## [Dataset entries]
◇ ◇ ◇ ◇
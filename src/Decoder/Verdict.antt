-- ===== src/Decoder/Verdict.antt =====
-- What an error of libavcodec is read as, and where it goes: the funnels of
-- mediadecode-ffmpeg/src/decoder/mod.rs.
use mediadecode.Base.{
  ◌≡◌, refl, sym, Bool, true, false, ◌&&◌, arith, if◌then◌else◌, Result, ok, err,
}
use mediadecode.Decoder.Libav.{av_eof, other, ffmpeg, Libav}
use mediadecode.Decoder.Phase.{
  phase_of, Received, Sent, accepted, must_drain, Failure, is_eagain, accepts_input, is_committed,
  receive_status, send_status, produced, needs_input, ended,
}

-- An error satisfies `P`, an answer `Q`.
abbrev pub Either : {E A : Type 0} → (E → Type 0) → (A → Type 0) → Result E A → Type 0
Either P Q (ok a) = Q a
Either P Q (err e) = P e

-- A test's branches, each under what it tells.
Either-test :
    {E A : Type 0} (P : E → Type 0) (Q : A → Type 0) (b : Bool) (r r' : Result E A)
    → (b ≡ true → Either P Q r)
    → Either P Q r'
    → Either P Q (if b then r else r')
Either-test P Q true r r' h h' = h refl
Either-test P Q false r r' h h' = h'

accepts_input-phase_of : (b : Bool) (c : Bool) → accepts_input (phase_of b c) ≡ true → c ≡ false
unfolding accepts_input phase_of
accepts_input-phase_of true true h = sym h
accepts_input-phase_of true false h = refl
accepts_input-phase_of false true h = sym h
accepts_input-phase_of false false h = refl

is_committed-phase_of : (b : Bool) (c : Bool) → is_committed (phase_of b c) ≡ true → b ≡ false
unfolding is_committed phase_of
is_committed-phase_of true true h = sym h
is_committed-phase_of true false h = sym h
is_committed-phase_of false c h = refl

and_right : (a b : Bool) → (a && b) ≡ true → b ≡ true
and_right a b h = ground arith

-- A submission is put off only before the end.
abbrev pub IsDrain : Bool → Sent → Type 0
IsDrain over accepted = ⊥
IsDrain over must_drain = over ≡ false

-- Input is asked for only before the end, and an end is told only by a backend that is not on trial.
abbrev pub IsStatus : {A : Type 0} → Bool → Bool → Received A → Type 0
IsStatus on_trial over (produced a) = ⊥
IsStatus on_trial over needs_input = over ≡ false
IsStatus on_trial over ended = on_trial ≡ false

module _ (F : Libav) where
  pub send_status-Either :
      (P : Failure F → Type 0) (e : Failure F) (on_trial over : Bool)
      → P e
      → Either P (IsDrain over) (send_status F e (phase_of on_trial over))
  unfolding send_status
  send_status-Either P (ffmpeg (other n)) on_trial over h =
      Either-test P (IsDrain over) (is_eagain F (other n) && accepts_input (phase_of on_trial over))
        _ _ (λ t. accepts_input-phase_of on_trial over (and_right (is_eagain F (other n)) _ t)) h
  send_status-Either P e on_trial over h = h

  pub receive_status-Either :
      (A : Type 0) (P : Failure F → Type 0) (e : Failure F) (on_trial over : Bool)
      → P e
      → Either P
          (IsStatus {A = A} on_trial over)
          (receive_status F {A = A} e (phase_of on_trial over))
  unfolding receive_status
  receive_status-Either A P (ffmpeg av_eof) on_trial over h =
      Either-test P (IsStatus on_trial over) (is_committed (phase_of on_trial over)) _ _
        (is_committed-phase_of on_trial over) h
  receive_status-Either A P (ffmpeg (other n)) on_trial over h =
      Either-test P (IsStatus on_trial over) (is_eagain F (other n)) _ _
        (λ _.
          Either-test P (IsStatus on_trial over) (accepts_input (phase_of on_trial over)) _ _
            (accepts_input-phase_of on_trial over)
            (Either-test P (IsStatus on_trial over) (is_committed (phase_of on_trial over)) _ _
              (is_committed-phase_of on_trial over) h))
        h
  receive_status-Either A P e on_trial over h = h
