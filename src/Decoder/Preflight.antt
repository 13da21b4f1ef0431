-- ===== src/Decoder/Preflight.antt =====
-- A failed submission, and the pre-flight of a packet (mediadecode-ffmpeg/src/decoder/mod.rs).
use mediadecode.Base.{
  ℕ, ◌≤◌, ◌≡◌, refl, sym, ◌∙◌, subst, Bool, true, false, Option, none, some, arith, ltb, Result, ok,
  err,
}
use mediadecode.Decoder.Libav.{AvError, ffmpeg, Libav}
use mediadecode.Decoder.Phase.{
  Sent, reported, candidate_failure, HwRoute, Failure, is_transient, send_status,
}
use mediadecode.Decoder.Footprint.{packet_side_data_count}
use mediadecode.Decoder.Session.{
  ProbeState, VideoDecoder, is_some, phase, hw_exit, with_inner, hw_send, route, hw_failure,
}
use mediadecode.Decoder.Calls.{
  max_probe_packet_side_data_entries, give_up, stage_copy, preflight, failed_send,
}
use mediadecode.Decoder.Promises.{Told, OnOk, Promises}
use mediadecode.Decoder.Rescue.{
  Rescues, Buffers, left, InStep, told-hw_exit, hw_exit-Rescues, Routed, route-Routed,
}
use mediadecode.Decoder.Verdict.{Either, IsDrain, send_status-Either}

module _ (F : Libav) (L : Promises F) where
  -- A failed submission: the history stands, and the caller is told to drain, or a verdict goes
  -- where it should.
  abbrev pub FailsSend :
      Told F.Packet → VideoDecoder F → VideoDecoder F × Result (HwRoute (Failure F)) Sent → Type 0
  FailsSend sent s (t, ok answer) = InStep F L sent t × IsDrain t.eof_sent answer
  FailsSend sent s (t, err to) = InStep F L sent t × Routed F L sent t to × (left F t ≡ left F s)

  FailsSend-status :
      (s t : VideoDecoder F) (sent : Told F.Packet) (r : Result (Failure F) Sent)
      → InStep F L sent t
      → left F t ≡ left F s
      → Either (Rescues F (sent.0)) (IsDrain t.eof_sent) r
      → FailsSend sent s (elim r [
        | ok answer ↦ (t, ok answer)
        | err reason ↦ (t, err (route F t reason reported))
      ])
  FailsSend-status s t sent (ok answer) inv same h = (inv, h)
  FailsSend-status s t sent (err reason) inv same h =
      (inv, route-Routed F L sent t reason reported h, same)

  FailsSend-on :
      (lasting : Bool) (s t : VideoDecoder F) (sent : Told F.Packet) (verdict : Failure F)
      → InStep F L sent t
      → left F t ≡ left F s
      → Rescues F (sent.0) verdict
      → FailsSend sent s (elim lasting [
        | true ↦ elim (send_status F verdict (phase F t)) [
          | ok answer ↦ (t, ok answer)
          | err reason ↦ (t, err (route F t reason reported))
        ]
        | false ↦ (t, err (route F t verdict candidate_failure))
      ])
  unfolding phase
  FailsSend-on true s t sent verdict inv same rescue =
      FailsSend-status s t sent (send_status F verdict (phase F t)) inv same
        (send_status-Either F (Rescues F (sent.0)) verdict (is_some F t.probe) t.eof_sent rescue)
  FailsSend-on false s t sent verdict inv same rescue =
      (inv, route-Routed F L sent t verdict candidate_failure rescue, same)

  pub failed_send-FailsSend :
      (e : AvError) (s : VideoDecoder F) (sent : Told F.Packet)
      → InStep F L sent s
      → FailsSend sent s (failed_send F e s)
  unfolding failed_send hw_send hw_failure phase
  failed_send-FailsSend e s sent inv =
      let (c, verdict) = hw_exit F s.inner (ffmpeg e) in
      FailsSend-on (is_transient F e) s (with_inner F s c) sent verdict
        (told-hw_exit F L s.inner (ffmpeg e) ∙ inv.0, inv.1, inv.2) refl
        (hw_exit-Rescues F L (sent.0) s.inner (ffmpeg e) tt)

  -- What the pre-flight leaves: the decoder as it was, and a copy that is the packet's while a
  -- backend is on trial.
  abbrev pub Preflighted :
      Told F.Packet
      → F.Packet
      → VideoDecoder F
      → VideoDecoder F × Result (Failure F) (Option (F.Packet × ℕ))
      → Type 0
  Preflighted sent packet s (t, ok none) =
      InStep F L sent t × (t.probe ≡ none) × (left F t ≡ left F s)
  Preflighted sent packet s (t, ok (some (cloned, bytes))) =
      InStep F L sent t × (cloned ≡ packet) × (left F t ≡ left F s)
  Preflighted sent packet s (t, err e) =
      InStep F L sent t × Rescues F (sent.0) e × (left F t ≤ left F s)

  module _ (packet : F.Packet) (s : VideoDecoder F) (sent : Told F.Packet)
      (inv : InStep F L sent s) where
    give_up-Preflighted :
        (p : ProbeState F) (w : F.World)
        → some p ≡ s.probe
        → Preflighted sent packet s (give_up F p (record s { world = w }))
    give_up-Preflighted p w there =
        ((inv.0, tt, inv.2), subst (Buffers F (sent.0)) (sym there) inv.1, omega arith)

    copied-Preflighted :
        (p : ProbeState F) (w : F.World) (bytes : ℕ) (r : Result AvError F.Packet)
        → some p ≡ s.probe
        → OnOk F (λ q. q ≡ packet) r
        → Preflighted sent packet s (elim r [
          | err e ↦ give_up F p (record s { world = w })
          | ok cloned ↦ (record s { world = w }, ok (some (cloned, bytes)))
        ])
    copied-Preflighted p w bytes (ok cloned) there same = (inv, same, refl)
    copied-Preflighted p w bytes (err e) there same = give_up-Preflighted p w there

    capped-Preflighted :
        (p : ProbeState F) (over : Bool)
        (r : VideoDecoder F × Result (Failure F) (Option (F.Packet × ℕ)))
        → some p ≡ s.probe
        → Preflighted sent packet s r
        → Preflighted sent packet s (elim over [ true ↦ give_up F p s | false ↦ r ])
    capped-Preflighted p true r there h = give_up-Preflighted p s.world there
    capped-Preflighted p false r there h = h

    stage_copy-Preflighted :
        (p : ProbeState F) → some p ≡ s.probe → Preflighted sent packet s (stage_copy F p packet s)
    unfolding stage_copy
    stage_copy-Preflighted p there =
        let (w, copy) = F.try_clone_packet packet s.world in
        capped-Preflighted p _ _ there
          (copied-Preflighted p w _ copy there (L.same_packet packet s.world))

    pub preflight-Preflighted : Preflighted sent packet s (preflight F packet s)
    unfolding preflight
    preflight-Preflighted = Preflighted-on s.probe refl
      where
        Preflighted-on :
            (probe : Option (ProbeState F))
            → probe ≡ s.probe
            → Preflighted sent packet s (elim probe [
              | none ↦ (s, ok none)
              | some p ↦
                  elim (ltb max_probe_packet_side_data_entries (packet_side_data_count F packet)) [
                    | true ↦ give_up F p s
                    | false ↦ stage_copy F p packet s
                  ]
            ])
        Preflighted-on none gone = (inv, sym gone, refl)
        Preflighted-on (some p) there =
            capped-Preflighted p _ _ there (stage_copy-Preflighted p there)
◇ ◇ ◇ ◇
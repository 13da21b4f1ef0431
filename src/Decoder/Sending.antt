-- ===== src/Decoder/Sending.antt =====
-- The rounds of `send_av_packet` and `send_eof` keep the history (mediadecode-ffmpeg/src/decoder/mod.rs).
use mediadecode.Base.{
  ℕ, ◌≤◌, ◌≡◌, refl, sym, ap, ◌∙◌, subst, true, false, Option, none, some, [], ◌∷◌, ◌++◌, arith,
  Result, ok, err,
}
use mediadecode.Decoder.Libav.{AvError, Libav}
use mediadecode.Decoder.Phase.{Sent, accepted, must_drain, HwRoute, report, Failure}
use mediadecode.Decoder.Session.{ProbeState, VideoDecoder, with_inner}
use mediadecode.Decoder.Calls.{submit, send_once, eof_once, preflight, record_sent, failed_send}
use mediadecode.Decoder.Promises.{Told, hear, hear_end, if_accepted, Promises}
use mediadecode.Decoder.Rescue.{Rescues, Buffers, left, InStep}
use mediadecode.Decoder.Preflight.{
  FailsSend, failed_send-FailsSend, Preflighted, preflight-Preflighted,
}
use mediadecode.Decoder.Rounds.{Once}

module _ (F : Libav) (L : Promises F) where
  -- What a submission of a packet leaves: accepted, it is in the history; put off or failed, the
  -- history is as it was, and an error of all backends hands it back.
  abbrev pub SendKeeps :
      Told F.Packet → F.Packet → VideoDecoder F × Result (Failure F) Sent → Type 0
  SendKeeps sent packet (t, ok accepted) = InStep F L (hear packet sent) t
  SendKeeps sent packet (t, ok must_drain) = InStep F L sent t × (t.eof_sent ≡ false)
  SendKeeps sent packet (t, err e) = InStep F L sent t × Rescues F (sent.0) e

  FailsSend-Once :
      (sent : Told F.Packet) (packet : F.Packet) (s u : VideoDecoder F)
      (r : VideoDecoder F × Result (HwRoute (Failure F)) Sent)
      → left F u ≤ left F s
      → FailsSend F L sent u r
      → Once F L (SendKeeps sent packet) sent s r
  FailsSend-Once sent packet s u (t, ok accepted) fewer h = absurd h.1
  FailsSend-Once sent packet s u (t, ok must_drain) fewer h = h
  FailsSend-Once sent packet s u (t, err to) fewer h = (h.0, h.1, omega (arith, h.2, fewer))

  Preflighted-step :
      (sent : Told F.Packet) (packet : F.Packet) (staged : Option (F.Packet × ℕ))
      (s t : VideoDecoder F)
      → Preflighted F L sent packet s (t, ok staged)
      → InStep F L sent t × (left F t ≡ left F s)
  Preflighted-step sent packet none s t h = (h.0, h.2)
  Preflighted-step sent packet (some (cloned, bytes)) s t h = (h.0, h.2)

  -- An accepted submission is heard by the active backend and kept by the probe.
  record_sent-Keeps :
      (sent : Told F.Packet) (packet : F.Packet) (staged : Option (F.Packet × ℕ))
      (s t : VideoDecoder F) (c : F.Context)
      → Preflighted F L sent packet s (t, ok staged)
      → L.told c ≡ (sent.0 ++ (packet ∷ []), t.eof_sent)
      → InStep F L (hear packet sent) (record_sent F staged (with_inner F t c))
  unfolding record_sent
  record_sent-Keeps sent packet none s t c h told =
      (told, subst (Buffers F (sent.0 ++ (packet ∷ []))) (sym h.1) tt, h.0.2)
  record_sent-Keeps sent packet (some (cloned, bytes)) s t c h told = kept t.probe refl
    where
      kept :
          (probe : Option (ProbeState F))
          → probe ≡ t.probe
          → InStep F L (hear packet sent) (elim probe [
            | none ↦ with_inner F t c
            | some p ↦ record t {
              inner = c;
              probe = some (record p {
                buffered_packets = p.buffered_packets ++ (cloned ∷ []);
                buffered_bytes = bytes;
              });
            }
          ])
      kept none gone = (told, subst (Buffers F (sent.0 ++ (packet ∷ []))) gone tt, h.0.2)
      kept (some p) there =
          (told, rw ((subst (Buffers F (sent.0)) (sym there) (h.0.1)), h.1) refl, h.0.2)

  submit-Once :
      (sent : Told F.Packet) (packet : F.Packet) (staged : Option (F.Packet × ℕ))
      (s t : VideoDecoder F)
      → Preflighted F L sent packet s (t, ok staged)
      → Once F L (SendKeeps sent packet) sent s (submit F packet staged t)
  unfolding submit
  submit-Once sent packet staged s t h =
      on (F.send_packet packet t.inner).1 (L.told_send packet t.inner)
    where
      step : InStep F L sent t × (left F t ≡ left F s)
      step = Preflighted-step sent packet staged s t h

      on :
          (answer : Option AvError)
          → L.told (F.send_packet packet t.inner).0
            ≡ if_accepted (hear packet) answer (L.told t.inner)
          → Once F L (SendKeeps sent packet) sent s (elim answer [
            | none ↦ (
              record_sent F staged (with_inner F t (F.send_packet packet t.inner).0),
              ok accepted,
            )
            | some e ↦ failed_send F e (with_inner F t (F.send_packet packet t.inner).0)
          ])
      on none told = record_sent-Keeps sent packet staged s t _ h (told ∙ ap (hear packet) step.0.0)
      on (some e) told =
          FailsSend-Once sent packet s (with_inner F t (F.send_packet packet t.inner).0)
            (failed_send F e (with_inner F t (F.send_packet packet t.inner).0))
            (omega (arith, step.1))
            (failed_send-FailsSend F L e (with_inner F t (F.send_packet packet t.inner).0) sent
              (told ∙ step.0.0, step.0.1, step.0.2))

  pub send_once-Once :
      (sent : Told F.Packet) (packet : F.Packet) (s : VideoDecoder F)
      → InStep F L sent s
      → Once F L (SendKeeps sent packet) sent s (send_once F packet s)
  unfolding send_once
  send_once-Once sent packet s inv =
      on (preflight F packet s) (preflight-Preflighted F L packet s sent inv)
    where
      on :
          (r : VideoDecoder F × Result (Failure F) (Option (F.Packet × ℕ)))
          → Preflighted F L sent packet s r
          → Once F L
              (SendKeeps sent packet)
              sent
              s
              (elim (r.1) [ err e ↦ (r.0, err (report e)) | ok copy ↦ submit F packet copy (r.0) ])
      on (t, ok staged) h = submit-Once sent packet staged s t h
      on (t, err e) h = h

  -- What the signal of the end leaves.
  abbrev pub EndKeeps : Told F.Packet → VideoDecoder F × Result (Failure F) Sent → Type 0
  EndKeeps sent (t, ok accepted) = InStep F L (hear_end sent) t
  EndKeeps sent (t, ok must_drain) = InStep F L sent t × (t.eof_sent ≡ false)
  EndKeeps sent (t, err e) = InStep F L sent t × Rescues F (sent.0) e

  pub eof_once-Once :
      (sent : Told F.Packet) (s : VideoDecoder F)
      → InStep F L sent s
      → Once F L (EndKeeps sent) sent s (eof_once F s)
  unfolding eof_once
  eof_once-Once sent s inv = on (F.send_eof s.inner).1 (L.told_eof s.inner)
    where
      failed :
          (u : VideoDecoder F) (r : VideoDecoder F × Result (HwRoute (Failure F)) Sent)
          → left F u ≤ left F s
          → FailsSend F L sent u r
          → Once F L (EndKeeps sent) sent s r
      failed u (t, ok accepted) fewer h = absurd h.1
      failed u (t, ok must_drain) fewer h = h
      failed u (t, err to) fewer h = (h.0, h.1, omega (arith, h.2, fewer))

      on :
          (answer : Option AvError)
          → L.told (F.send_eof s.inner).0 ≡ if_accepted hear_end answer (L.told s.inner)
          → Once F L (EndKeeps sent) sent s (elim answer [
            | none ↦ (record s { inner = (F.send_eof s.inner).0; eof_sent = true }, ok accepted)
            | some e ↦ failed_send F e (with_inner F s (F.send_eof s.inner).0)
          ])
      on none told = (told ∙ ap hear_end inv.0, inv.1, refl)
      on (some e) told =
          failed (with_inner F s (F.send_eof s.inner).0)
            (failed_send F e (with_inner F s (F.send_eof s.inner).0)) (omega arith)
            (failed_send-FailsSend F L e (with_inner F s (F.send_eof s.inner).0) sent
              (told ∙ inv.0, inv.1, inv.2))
◇ ◇ ◇ ◇
## [YOUR TASK]
Copy, exactly and only, the lines above that begin with the one containing "abbrev pub EndKeeps" and finish with the one containing "failed u (t, ok accepted)".

## [PROBLEM SOLUTION]
  abbrev pub EndKeeps : Told F.Packet → VideoDecoder F × Result (Failure F) Sent → Type 0
  EndKeeps sent (t, ok accepted) = InStep F L (hear_end sent) t
  EndKeeps sent (t, ok must_drain) = InStep F L sent t × (t.eof_sent ≡ false)
  EndKeeps sent (t, err e) = InStep F L sent t × Rescues F (sent.0) e

  pub eof_once-Once :
      (sent : Told F.Packet) (s : VideoDecoder F)
      → InStep F L sent s
      → Once F L (EndKeeps sent) sent s (eof_once F s)
  unfolding eof_once
  eof_once-Once sent s inv = on (F.send_eof s.inner).1 (L.told_eof s.inner)
    where
      failed :
          (u : VideoDecoder F) (r : VideoDecoder F × Result (HwRoute (Failure F)) Sent)
          → left F u ≤ left F s
          → FailsSend F L sent u r
          → Once F L (EndKeeps sent) sent s r
      failed u (t, ok accepted) fewer h = absurd h.1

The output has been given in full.